In the environment set by the invention, the position of the user, the requirement of the user on the task quantity and the channel state between the user and the unmanned aerial vehicle all change in real time. Unlike other traditional reinforcement learning algorithms, the Monte Carlo Tree search utilizes a tree structure to store the state and actions of the current situation, and adds randomness in the steps of the algorithm, speeding up the training process.
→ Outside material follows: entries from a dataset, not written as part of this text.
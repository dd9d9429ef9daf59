-- ===== src/Matching/Queue/Schedule/Outcome.antt =====
-- When a first match is put on the queue, and what stands there then.
use internship_pilot.Prelude.{
  ℕ, ◌≡◌, ◌≢◌, ◌⊎◌, refl, sym, ap, ◌∙◌, arith, ◌&&◌, Bool, true, false, Option, none, some, String,
  is_some, subst, Bool-cases, Option-cases, inl, inr, str_eq_refl,
}
use internship_pilot.Database.{Table}
use internship_pilot.Database.Laws.{update_at_self, create_self}
use internship_pilot.Program.{Program, Result, ok}
use internship_pilot.Matching.Queue.{pending, is_failed, QueueItem, JobScoring, same_work, Store}
use internship_pilot.Matching.Queue.Schedule.{
  Reason, scheduled, already_scheduled, JobView, is_score, is_initial_work, blocks, decide,
  requeued, new_item, queued_job, write, find_work, act, schedule,
}
use internship_pilot.Matching.Queue.Schedule.Laws.{decide_iff}

-- What a user's first match of a job needs: the job with a usable description, approved facts, and
-- no score of it yet.
pub record IsReady (view : Option JobView) (facts : ℕ) : Type 0 where
  pub job : JobView
  pub known : view ≡ some job
  pub unmatched : job.has_match ≡ false
  pub unscored : is_score job.stored_score ≡ false
  pub described : job.usable_description ≡ true
  pub has_facts : facts ≢ 0

-- A row that waits for its first attempt.
abbrev pub IsFreshRow : ℕ → QueueItem → Type 0
IsFreshRow now q =
    (q.state ≡ pending)
    × (q.attempt_count ≡ 0)
    × (q.next_attempt_at ≡ now)
    × (q.locked_at ≡ none)
    × (q.last_error_code ≡ none)
    × (q.match_result_id ≡ none)
    × (q.completed_at ≡ none)

module _ (Q : Table QueueItem) (J : Table JobScoring) where
  -- The row is new, or it held a failed match of the same work that the caller asked to retry.
  abbrev pub HadRoom : Bool → Option QueueItem → Type 0
  HadRoom retry_failed none = Unit
  HadRoom retry_failed (some r) = (retry_failed ≡ true) × (is_failed r.state ≡ true)

  pub record IsQueued (job_id user : String) (now : ℕ) (retry_failed : Bool) (s u : Store Q J)
      : Type 0 where
    pub id : String
    pub row : QueueItem
    pub stored : Q.find_unique id u.queue ≡ some row
    pub work : is_initial_work job_id user row ≡ true
    pub fresh : IsFreshRow now row
    pub room : HadRoom retry_failed (Q.find_unique id s.queue)
    pub job : JobScoring
    pub job_before : J.find_unique job_id s.jobs ≡ some job
    pub job_after : J.find_unique job_id u.jobs ≡ some (queued_job now job)

  act_scheduled :
      (reason : Reason) (m : Program (Store Q J) Reason) (s : Store Q J)
      → (act Q J reason m s).0 ≡ ok scheduled
      → (reason ≡ scheduled) × (act Q J reason m s ≡ m s)
  act_scheduled Reason.scheduled m s e = (refl, refl)
  act_scheduled Reason.job_not_found m s e = cc
  act_scheduled Reason.already_scored m s e = cc
  act_scheduled Reason.already_scheduled m s e = cc
  act_scheduled Reason.description_insufficient m s e = cc
  act_scheduled Reason.facts_missing m s e = cc

  act_idle :
      (reason : Reason) (m : Program (Store Q J) Reason) (s : Store Q J)
      → ((m s).0 ≢ ok scheduled → (m s).1 ≡ s)
      → (act Q J reason m s).0 ≢ ok scheduled
      → (act Q J reason m s).1 ≡ s
  act_idle Reason.scheduled m s h n = h n
  act_idle _ m s h n = refl

  module _ (fresh_id job_id user : String) (now : ℕ) where
    write_idle :
        (work : Option (String × QueueItem)) (s : Store Q J)
        → (write Q J fresh_id job_id user now work s).0 ≢ ok scheduled
        → (write Q J fresh_id job_id user now work s).1 ≡ s
    unfolding write
    write_idle (some (id, r)) s n =
        elim (Bool-cases
          (is_some (Q.find_unique id s.queue) && is_some (J.find_unique job_id s.jobs))) [
            | inl y ↦ absurd (n (rw y refl))
            | inr z ↦ rw z refl
          ]
    write_idle none s n =
        elim (Option-cases (Q.create same_work fresh_id (new_item job_id user now) s.queue)) [
          | inl e ↦ rw (e, write) refl
          | inr (queue, e) ↦ elim (Bool-cases (is_some (J.find_unique job_id s.jobs))) [
            | inl y ↦ absurd (n (rw (e, write) (rw y refl)))
            | inr z ↦ rw (e, write) (rw z refl)
          ]
        ]

    job_queued :
        (j : JobScoring) (s : Store Q J)
        → J.find_unique job_id s.jobs ≡ some j
        → J.find_unique job_id (J.update_at job_id (λ _. true) (queued_job now) s.jobs)
          ≡ some (queued_job now j)
    job_queued j s e = update_at_self J job_id (λ _. true) (queued_job now) s.jobs ∙ rw e refl

    write_requeued :
        (retry_failed : Bool) (id : String) (r : QueueItem) (j : JobScoring) (s : Store Q J)
        → Q.find_unique id s.queue ≡ some r
        → is_initial_work job_id user r ≡ true
        → blocks retry_failed (some (id, r)) ≡ false
        → J.find_unique job_id s.jobs ≡ some j
        → ((write Q J fresh_id job_id user now (some (id, r)) s).0 ≡ ok scheduled)
          × IsQueued job_id user now retry_failed s
              (write Q J fresh_id job_id user now (some (id, r)) s).1
    unfolding write
    write_requeued retry_failed id r j s f w b e =
        rw (f, e, write)
          (
            refl,
            record {
              id = id;
              row = requeued now r;
              stored = update_at_self Q id (λ _. true) (requeued now) s.queue ∙ rw f refl;
              work = w;
              fresh = (refl, refl, refl, refl, refl, refl, refl);
              room = rw f (ground arith, ground arith);
              job = j;
              job_before = e;
              job_after = job_queued j s e;
            },
          )

    write_new :
        (retry_failed : Bool) (queue : Q.Tab) (j : JobScoring) (s : Store Q J)
        → Q.create same_work fresh_id (new_item job_id user now) s.queue ≡ some queue
        → J.find_unique job_id s.jobs ≡ some j
        → ((write Q J fresh_id job_id user now none s).0 ≡ ok scheduled)
          × IsQueued job_id user now retry_failed s (write Q J fresh_id job_id user now none s).1
    unfolding write
    write_new retry_failed queue j s c e =
        rw (c, e, write)
          (
            refl,
            record {
              id = fresh_id;
              row = new_item job_id user now;
              stored = create_self Q same_work fresh_id (new_item job_id user now) s.queue queue c;
              work = rw (str_eq_refl user, str_eq_refl job_id) refl;
              fresh = (refl, refl, refl, refl, refl, refl, refl);
              room =
                  rw
                    (Q.create_new_key same_work fresh_id (new_item job_id user now) s.queue queue c)
                    tt;
              job = j;
              job_before = e;
              job_after = job_queued j s e;
            },
          )

    write-IsQueued :
        (retry_failed : Bool) (work : Option (String × QueueItem)) (s : Store Q J)
        → find_work Q J job_id user s ≡ work
        → blocks retry_failed work ≡ false
        → (write Q J fresh_id job_id user now work s).0 ≡ ok scheduled
        → IsQueued job_id user now retry_failed s (write Q J fresh_id job_id user now work s).1
    unfolding write
    write-IsQueued retry_failed (some (id, r)) s f b e =
        let (stored, work) = Q.find_first_sound _ _ s.queue id r f in
        elim (Option-cases (J.find_unique job_id s.jobs)) [
          | inl n ↦ let e' = rw (stored, n, write) at e in cc
          | inr (j, h) ↦ (write_requeued retry_failed id r j s stored work b h).1
        ]
    write-IsQueued retry_failed none s f b e =
        elim (Option-cases (Q.create same_work fresh_id (new_item job_id user now) s.queue)) [
          | inl n ↦ let e' = rw (n, write) at e in cc
          | inr (queue, c) ↦ elim (Option-cases (J.find_unique job_id s.jobs)) [
            | inl n ↦ let e' = rw (c, n, write) at e in cc
            | inr (j, h) ↦ (write_new retry_failed queue j s c h).1
          ]
        ]

    write_answers :
        (retry_failed : Bool) (work : Option (String × QueueItem)) (j : JobScoring) (s : Store Q J)
        → find_work Q J job_id user s ≡ work
        → blocks retry_failed work ≡ false
        → J.find_unique job_id s.jobs ≡ some j
        → ((write Q J fresh_id job_id user now work s).0 ≡ ok scheduled)
          ⊎ (((write Q J fresh_id job_id user now work s).0 ≡ ok already_scheduled)
              × (Q.create same_work fresh_id (new_item job_id user now) s.queue ≡ none))
    unfolding write
    write_answers retry_failed (some (id, r)) j s f b e =
        let (stored, work) = Q.find_first_sound _ _ s.queue id r f in
        inl (write_requeued retry_failed id r j s stored work b e).0
    write_answers retry_failed none j s f b e =
        elim (Option-cases (Q.create same_work fresh_id (new_item job_id user now) s.queue)) [
          | inl n ↦ inr (rw (n, write) refl, n)
          | inr (queue, c) ↦ inl (write_new retry_failed queue j s c e).0
        ]

  module _ (fresh_id job_id user : String) (now : ℕ) (view : Option JobView) (retry_failed : Bool)
      (facts : ℕ) (s : Store Q J) where
    abbrev pub outcome : Result Reason × Store Q J
    outcome = schedule Q J fresh_id job_id user now view retry_failed facts s

    -- Where a request to queue a user's first match of a job answers that it is scheduled, the job,
    -- its description, the facts and the missing score allowed it, the job is marked as queued, and
    -- a row of this work waits for its first attempt: a new one, or one that held a failed match
    -- which the caller asked to retry. Any other answer, and any error, leaves the store as it was.
    -- Where all of that allows it, no other row stands in the way and the job is stored, the answer
    -- is that it is scheduled, unless the unique constraint shows that another request was faster.
    pub schedule-IsQueued :
        (outcome.0 ≡ ok scheduled
          → IsReady view facts × IsQueued job_id user now retry_failed s outcome.1)
        × (outcome.0 ≢ ok scheduled → outcome.1 ≡ s)
        × (IsReady view facts
            → blocks retry_failed (find_work Q J job_id user s) ≡ false
            → (j : JobScoring) → J.find_unique job_id s.jobs ≡ some j
            → (outcome.0 ≡ ok scheduled)
              ⊎ ((outcome.0 ≡ ok already_scheduled)
                  × (Q.create same_work fresh_id (new_item job_id user now) s.queue ≡ none)))
    unfolding schedule
    schedule-IsQueued =
        let work = find_work Q J job_id user s in
        let writes = write Q J fresh_id job_id user now work in
        let reason = decide view retry_failed facts work in
        (
          λ e.
              let (decided, same) = act_scheduled reason writes s e in
              let (v, known, a, b, c, d, free) =
                (decide_iff view retry_failed facts work).0 decided in
              (
                record {
                  job = v;
                  known = known;
                  unmatched = a;
                  unscored = b;
                  described = c;
                  has_facts = d;
                },
                subst (IsQueued job_id user now retry_failed s) (sym (ap (λ r. r.1) same)) (
                    write-IsQueued fresh_id job_id user now retry_failed work s refl free
                      (sym (ap (λ r. r.0) same) ∙ e)),
              ),
          act_idle reason writes s (write_idle fresh_id job_id user now work s),
          λ ready free j stored.
              let decided = (decide_iff view retry_failed facts work).1 (
                ready.job, ready.known, ready.unmatched, ready.unscored, ready.described,
                ready.has_facts, free,
              ) in
              rw decided
                (write_answers fresh_id job_id user now retry_failed work j s refl free stored),
        )
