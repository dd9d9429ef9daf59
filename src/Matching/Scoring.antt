-- ===== src/Matching/Scoring.antt =====
-- The older queue in the jobs' own scoring columns (src/lib/matching/scoringQueue.ts): its rows, its
-- worker and the drain of the whole queue. The scorer is a parameter.
pub mod Request
pub mod Round
pub mod Drain
use internship_pilot.Prelude.{
  ℕ, zero, suc, ◌+◌, ◌-◌, ◌≡◌, ◌&&◌, ◌||◌, Bool, true, false, Option, none, some, String, ltb, ◌==◌,
  if◌then◌else◌, is_some,
}
use internship_pilot.Prelude.Int.{ℤ}
use internship_pilot.Database.{Table}
use internship_pilot.Program.{
  Program, Result, ok, err, Failure, database, ◌>>=◌, ◌>>◌, return, catch,
}

-- The texts of the `scoringState` column that this queue writes or reads, and any other.
pub data ScoringState : Type 0 where
  not_scored queued scoring scored failed : ScoringState
  another : String → ScoringState

abbrev pub is_queued : ScoringState → Bool
is_queued queued = true
is_queued _ = false

abbrev pub is_scoring : ScoringState → Bool
is_scoring scoring = true
is_scoring _ = false

abbrev pub is_not_scored : ScoringState → Bool
is_not_scored not_scored = true
is_not_scored _ = false

-- `QUEUED` or `SCORING`
abbrev pub is_waiting : ScoringState → Bool
is_waiting queued = true
is_waiting scoring = true
is_waiting _ = false

-- `SCORED` or `FAILED`
abbrev pub is_ended : ScoringState → Bool
is_ended scored = true
is_ended failed = true
is_ended _ = false

-- The columns of `Job` that the queue reads and writes, under the job's id; times are milliseconds.
pub record JobRow : Type 0 where
  pub active_feed : Bool
  pub match_score : Option ℤ
  pub scoring_state : ScoringState
  pub scoring_priority : ℕ
  pub scoring_queued_at : Option ℕ
  pub scoring_started_at : Option ℕ
  pub scoring_heartbeat_at : Option ℕ
  pub scoring_finished_at : Option ℕ
  pub scoring_error : Option String

abbrev pub is_before : Option ℕ → ℕ → Bool
is_before none cutoff = false
is_before (some t) cutoff = ltb t cutoff

-- `scoringState: "SCORING", scoringHeartbeatAt: { lt: thirtySecsAgo }`
abbrev pub is_abandoned : ℕ → JobRow → Bool
is_abandoned now r = is_scoring r.scoring_state && is_before r.scoring_heartbeat_at (now - 30000)

abbrev pub recovered : JobRow → JobRow
recovered r = record r {
  scoring_state = queued;
  scoring_error = some "Recovered from abandoned worker state";
}

abbrev pub claimed : ℕ → JobRow → JobRow
claimed now r = record r {
  scoring_state = scoring;
  scoring_started_at = some now;
  scoring_heartbeat_at = some now;
}

abbrev pub finished : ℕ → ScoringState → Option String → JobRow → JobRow
finished now state error r = record r {
  scoring_state = state;
  scoring_finished_at = some now;
  scoring_error = error;
}

-- Earlier of two instants, a missing one last.
abbrev pub is_sooner : Option ℕ → Option ℕ → Bool
is_sooner none b = false
is_sooner (some a) none = true
is_sooner (some a) (some b) = ltb a b

-- `orderBy: [{ scoringPriority: "desc" }, { scoringQueuedAt: "asc" }]`
abbrev pub goes_first : JobRow → JobRow → Bool
goes_first a b =
    ltb b.scoring_priority a.scoring_priority
    || (a.scoring_priority == b.scoring_priority
        && is_sooner a.scoring_queued_at b.scoring_queued_at)

module _ (J : Table JobRow) where
  -- The table, and the variables of the module.
  pub record Store : Type 0 where
    pub jobs : J.Tab
    pub last_heartbeat : Option ℕ
    pub currently_scoring : Option String
    pub worker_timer : Bool

  -- `scorer(jobId, { userId })`, and the text of what it throws.
  pub record Scorer : Type 0 where
    pub run : String → String → Program Store (Unit {0})
    pub message : Failure → String

  -- `prisma.job.update({ where: { id }, data })`; a missing row throws.
  unfoldable pub update_job : String → (JobRow → JobRow) → Program Store (Unit {0})
  update_job id f s =
      if is_some (J.find_unique id s.jobs)
      then (ok tt, record s { jobs = J.update_at id (λ _. true) f s.jobs })
      else (err (database "P2025"), s)

  unfoldable pub recover_abandoned_scoring_jobs : ℕ → Store → Store
  recover_abandoned_scoring_jobs now s = record s {
    jobs = J.update_many (λ _ r. is_abandoned now r) recovered s.jobs;
  }

  abbrev pub find_next : Store → Option (String × JobRow)
  find_next s = J.find_first (λ _ r. is_queued r.scoring_state) goes_first s.jobs

  -- `finally { currentlyScoringJobId = null }`
  abbrev pub no_longer_scoring : Result (Unit {0}) × Store → Result (Unit {0}) × Store
  no_longer_scoring (r, s) = (r, record s { currently_scoring = none })

  abbrev pub score_claimed : Scorer → ℕ → String → String → Program Store (Unit {0})
  score_claimed scorer now user id s = no_longer_scoring (
      catch (scorer.run id user >> update_job id (finished now scored none))
        (λ e. update_job id (finished now failed (some (scorer.message e)))) s)

  -- What follows the claim, by the number of rows it changed.
  abbrev pub after_claim : Bool → Scorer → ℕ → String → String → Program Store Bool
  after_claim true scorer now user id s = (ok true, s)
  after_claim false scorer now user id s =
      (score_claimed scorer now user id >> return true) (record s { currently_scoring = some id })

  abbrev pub score_found : Scorer → ℕ → String → Option (String × JobRow) → Program Store Bool
  score_found scorer now user none s = (ok false, record s { currently_scoring = none })
  score_found scorer now user (some (id, r)) s =
      let fits = λ (q : JobRow). is_queued q.scoring_state in
      after_claim (J.count_at id fits s.jobs == 0) scorer now user id
        (record s { jobs = J.update_at id fits (claimed now) s.jobs })

  unfoldable pub score_next_queued_job : Scorer → ℕ → String → Program Store Bool
  score_next_queued_job scorer now user s =
      let t = recover_abandoned_scoring_jobs now (record s { last_heartbeat = some now }) in
      score_found scorer now user (find_next t) t

  -- A turn of the loop counts where it found a job.
  abbrev pub counted : Program Store ℕ → Bool → Program Store ℕ
  counted rest true = rest >>= λ n. return (suc n)
  counted rest false = return 0

  -- `drainScoringQueue(userId, maxJobs)`; the turns read the clock one after the other.
  unfoldable pub drain_scoring_queue : Scorer → (ℕ → ℕ) → ℕ → String → ℕ → Program Store ℕ
  drain_scoring_queue scorer clock turn user zero = return 0
  drain_scoring_queue scorer clock turn user (suc max_jobs) =
      score_next_queued_job scorer (clock turn) user
      >>= counted (drain_scoring_queue scorer clock (suc turn) user max_jobs)

  abbrev pub timer_of : Result Bool → Bool
  timer_of (ok processed) = processed
  timer_of (err e) = false

  -- The body of the worker's timer: it is set again after a turn that found a job.
  unfoldable pub process_scoring_queue : Scorer → ℕ → String → Store → Store
  process_scoring_queue scorer now user s =
      let r = score_next_queued_job scorer now user s in record r.1 { worker_timer = timer_of r.0 }

  unfoldable pub trigger_scoring_worker : Store → Store
  trigger_scoring_worker s = record s { worker_timer = true }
Therefore, the path planning method provided by the invention can effectively reduce the training time, reduce the time complexity and the space complexity of the algorithm, and is more suitable for real-time unmanned aerial vehicle path planning in a dynamic environment.

Claims

1. An unmanned aerial vehicle path planning method based on Monte Carlo tree search is characterized by comprising the following steps:

(40) Obtaining an optimal unmanned aerial vehicle path: when the training times are equal to the total training times, finishing training to obtain a trained Monte Carlo tree; continuously selecting a child node with the maximum UCT value downwards by using a UCT algorithm from a root node until reaching a leaf node according to the tree structure of the trained Monte Carlo tree, and executing corresponding actions by the unmanned aerial vehicle according to the selected node to obtain an optimal unmanned aerial vehicle path;

the (30) Monte Carlo tree search algorithm training step comprises:

(31) And (3) node selection: starting from a root node, selecting a child node with the maximum UCT value downwards by using a UCT algorithm; the unmanned aerial vehicle executes corresponding actions contained in the node; continuing to select the child nodes downwards by using a UCT algorithm until reaching a node which is not completely expanded, and stopping the selection of the nodes;

(32) And (3) node expansion: establishing a new node as a child node of the current node, and randomly selecting an action a' from the action set A to be bound with the new node;

(33) And (3) node simulation: starting from the state corresponding to the new node, performing simulation action selection and an unmanned aerial vehicle flight process;

(34) Calculating the reward value: after the simulation process is finished, calculating the reward value obtained in the process;

(35) The simulation result is updated upwards: starting from the current newly expanded node, updating the quality values and the access times of all nodes on the path upwards along the path opposite to the path during node selection until reaching the root node;

the step of (34) calculating a prize value comprises:

(341) Calculating the energy consumption of the unmanned aerial vehicle: the total energy consumption of the drone in a single time slot is calculated as follows,

e _{general assembly} ＝e _h (t)+e _c (t)+e _f (t)，

Wherein hovering energy consumption

p _h (t) is the drone hover power,

channel power gain, p, of a path loss model ₀ Is the channel gain at a reference distance of 1m, H is the altitude of the drone, D _uav (t) coordinates of the drone at time slot t, U _i (t) is the coordinates of the ith user; s (t) = μ _i (t)R _i,k (t) Δ tB is the total number of bits of user tasks offloaded by the drone, μ i (t) is the number of tasks for the user, B is the channel bandwidth, Δ t is the drone hover time;

calculating energy consumption

e _c (t)＝γ _c CS(t)f _c ² ，

γ _c Is effectively a switched capacitor, C is the number of CPU cycles required for each bit calculation, f _c Is the frequency of the CPU;

flight energy consumption

κ ₁ 、κ ₂ Is a constant parameter, a _uav The acceleration of the unmanned aerial vehicle during takeoff, and g is the gravity acceleration;

(342) Computing user throughputQuantity: suppose the user has a number of task requests of mu _i (t) each task has N number of bits _b Bit, then user throughput is μ _i (t)N _b ；

(343) Calculating the reward value: the prize value for the entire simulation process is calculated as follows,

wherein the prize value generated in a single time slot

Wherein, mu _max Is the maximum value of the number of tasks, W _max Is the maximum value of the total energy consumption, T is the number of time slots at the beginning of the simulation process, and T is the total number of time slots.